== Provided data ==
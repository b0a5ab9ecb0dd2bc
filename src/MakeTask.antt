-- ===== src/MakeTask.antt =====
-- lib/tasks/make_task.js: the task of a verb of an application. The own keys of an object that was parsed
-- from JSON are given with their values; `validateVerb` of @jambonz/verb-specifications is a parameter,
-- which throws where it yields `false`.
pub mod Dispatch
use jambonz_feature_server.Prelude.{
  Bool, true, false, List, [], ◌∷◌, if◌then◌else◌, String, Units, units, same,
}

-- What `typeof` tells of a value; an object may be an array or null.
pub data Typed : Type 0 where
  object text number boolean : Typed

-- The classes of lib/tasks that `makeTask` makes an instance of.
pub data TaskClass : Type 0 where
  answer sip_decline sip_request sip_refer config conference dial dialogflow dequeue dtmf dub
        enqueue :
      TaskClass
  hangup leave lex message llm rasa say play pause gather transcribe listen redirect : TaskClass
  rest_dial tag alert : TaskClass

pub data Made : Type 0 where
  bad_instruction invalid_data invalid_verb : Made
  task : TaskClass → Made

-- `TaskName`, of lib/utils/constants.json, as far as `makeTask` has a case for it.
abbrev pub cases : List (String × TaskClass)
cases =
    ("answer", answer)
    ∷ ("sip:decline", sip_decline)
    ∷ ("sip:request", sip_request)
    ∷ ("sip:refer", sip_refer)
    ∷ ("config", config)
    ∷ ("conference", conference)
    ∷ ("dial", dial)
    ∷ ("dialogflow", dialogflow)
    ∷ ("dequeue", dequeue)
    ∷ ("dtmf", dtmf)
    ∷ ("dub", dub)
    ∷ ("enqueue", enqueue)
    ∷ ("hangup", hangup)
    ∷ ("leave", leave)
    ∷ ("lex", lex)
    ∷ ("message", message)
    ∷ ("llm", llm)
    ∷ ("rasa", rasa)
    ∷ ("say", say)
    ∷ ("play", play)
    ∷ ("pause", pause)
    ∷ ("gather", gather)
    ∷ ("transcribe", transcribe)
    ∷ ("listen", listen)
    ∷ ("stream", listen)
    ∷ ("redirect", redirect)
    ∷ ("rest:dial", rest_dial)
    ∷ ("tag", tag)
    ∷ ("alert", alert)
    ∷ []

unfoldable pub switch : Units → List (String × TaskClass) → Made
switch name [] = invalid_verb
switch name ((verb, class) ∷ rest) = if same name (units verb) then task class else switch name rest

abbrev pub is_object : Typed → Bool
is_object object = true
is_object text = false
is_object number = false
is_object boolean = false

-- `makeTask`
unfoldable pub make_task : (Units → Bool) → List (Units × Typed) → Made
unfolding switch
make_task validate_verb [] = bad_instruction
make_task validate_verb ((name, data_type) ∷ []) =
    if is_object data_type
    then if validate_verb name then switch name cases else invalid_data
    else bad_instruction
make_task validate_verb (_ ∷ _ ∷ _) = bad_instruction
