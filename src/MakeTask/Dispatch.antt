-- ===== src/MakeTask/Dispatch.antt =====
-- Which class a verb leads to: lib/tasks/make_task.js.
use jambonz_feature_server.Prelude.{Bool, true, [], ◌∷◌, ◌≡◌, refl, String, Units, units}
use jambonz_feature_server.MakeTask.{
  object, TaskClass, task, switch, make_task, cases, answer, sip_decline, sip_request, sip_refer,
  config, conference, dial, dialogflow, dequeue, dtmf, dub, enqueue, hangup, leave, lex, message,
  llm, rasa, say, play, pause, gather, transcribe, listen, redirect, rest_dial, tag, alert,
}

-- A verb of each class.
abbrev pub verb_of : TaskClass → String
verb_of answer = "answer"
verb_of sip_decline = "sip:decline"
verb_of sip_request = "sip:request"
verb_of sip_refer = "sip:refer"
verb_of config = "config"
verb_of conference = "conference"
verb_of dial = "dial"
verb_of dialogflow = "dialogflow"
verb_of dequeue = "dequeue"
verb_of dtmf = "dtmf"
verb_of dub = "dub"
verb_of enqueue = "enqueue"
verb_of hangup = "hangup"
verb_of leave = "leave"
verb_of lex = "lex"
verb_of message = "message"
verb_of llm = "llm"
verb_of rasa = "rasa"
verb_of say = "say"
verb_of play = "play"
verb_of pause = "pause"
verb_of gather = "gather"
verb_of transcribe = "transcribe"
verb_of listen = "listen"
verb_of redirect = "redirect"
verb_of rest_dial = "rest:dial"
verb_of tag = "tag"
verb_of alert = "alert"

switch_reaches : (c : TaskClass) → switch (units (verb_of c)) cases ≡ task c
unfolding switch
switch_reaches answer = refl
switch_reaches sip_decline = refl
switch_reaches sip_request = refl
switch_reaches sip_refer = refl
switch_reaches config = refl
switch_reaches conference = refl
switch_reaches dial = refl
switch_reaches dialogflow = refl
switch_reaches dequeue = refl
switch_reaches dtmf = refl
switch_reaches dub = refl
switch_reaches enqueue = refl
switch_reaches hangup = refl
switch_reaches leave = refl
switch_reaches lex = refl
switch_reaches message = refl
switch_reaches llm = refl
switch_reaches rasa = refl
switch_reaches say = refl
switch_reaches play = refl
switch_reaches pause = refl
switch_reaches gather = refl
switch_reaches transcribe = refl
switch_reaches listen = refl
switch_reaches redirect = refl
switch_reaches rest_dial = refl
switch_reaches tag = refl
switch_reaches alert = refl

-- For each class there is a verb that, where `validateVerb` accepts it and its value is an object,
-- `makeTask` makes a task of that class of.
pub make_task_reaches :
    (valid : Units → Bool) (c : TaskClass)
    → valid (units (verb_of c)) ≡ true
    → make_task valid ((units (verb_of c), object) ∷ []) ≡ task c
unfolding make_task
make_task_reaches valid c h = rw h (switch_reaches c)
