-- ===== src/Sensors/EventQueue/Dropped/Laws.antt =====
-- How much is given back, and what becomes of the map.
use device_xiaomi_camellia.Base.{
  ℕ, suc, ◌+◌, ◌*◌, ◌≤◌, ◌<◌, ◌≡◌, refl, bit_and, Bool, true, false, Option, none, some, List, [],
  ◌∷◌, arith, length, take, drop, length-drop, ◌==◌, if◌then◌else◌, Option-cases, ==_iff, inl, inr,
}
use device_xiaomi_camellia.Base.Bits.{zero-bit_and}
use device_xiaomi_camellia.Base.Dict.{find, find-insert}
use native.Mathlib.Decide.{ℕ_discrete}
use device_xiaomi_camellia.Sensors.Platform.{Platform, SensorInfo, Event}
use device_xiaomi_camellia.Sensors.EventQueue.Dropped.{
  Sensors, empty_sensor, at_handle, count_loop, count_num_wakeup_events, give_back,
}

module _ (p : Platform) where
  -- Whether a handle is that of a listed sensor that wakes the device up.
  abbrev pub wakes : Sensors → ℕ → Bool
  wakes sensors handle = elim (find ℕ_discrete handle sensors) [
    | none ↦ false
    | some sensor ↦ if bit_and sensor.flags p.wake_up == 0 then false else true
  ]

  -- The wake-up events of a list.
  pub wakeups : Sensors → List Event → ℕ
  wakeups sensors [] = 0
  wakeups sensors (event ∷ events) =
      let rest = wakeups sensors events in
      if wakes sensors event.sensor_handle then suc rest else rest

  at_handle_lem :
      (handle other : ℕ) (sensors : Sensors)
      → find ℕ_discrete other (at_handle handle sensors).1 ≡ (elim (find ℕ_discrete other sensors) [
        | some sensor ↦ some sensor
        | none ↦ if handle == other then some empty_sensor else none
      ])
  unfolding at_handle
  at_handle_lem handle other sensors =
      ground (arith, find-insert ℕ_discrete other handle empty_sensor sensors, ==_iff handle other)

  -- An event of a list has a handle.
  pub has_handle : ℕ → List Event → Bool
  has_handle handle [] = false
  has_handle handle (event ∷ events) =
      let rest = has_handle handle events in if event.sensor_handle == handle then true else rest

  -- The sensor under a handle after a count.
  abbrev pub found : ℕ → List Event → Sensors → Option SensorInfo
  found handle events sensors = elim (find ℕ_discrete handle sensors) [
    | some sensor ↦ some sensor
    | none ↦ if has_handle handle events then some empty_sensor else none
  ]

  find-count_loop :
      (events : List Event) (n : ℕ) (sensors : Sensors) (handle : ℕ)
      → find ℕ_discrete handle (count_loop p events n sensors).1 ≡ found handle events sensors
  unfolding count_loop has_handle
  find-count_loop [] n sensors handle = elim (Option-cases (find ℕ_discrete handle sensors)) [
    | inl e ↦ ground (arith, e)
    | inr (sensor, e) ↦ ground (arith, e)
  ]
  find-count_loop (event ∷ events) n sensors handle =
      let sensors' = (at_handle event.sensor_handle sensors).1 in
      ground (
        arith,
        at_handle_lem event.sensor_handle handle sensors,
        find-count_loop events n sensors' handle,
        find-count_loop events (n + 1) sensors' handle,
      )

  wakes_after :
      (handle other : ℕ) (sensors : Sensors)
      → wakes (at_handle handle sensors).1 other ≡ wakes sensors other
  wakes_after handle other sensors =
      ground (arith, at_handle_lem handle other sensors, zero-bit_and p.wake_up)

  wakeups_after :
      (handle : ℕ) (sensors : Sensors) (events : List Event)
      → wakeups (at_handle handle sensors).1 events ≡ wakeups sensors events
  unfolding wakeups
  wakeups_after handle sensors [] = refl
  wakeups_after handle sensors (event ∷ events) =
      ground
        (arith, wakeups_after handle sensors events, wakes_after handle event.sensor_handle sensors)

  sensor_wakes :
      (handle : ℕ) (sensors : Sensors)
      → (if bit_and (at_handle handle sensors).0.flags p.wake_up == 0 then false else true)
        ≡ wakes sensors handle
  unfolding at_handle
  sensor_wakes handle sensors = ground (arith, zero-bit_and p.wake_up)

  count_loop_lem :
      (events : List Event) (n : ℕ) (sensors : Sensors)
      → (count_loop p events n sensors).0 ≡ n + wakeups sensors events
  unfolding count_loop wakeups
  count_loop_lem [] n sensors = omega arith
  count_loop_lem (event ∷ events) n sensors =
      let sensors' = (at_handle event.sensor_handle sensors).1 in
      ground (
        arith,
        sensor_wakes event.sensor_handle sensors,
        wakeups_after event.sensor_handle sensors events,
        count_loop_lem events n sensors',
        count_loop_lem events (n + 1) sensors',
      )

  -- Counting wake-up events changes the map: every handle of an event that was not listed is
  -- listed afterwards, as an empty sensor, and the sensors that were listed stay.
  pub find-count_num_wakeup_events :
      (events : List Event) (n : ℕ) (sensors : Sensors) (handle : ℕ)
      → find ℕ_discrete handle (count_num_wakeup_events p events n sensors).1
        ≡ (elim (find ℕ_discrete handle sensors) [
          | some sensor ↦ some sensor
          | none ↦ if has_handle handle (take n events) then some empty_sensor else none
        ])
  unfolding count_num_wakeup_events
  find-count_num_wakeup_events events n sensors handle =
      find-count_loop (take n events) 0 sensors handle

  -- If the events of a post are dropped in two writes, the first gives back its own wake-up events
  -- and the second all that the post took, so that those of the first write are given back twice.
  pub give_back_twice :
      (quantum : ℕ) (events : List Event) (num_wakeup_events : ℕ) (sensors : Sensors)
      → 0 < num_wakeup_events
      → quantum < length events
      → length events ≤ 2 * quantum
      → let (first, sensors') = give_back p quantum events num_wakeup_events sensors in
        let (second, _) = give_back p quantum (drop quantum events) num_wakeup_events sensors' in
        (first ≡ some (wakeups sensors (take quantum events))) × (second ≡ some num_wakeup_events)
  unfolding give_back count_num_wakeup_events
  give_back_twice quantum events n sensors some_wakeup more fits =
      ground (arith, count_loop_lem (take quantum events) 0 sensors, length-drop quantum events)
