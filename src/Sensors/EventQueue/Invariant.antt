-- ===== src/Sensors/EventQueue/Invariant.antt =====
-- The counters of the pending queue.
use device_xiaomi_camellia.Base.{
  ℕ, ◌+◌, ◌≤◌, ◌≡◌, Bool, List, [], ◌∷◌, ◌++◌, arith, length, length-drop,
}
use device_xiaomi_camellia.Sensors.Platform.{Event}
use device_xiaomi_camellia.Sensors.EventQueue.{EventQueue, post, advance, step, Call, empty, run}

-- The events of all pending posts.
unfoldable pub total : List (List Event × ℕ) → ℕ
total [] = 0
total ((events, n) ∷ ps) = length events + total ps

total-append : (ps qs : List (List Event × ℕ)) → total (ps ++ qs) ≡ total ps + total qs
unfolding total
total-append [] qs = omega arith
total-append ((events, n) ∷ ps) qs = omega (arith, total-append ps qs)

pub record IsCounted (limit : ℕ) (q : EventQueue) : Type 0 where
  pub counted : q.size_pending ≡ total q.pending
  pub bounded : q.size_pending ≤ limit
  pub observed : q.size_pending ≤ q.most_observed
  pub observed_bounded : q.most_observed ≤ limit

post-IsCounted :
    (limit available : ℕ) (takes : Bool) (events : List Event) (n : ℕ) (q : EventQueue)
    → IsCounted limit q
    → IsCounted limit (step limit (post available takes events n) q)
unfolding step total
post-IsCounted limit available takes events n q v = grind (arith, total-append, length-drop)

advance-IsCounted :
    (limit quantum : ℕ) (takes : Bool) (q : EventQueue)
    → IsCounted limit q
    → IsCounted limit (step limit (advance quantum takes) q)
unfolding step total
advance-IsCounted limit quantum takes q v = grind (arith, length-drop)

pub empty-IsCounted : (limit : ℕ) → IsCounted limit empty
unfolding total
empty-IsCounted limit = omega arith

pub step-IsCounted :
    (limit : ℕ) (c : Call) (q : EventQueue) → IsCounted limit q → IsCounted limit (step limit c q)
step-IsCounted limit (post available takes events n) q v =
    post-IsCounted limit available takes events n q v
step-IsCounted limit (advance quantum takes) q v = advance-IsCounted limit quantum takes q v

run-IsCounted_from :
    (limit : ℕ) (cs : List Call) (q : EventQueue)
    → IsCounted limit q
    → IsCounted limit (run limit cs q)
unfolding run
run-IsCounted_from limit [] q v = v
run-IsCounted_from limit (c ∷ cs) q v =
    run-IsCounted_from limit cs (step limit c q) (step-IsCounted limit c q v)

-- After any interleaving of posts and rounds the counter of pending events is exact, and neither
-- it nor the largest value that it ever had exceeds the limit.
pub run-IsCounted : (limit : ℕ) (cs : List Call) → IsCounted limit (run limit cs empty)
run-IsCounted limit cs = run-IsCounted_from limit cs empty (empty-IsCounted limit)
===
→ Aim of the exercise
Look above for the line with "advance-IsCounted limit quantum takes q v = grind" and the line with "step-IsCounted limit (advance". Retype those two lines and every line between them exactly, adding nothing.

→ Response for this exercise
advance-IsCounted limit quantum takes q v = grind (arith, length-drop)

pub empty-IsCounted : (limit : ℕ) → IsCounted limit empty
unfolding total
empty-IsCounted limit = omega arith

pub step-IsCounted :
    (limit : ℕ) (c : Call) (q : EventQueue) → IsCounted limit q → IsCounted limit (step limit c q)
step-IsCounted limit (post available takes events n) q v =
    post-IsCounted limit available takes events n q v
step-IsCounted limit (advance quantum takes) q v = advance-IsCounted limit quantum takes q v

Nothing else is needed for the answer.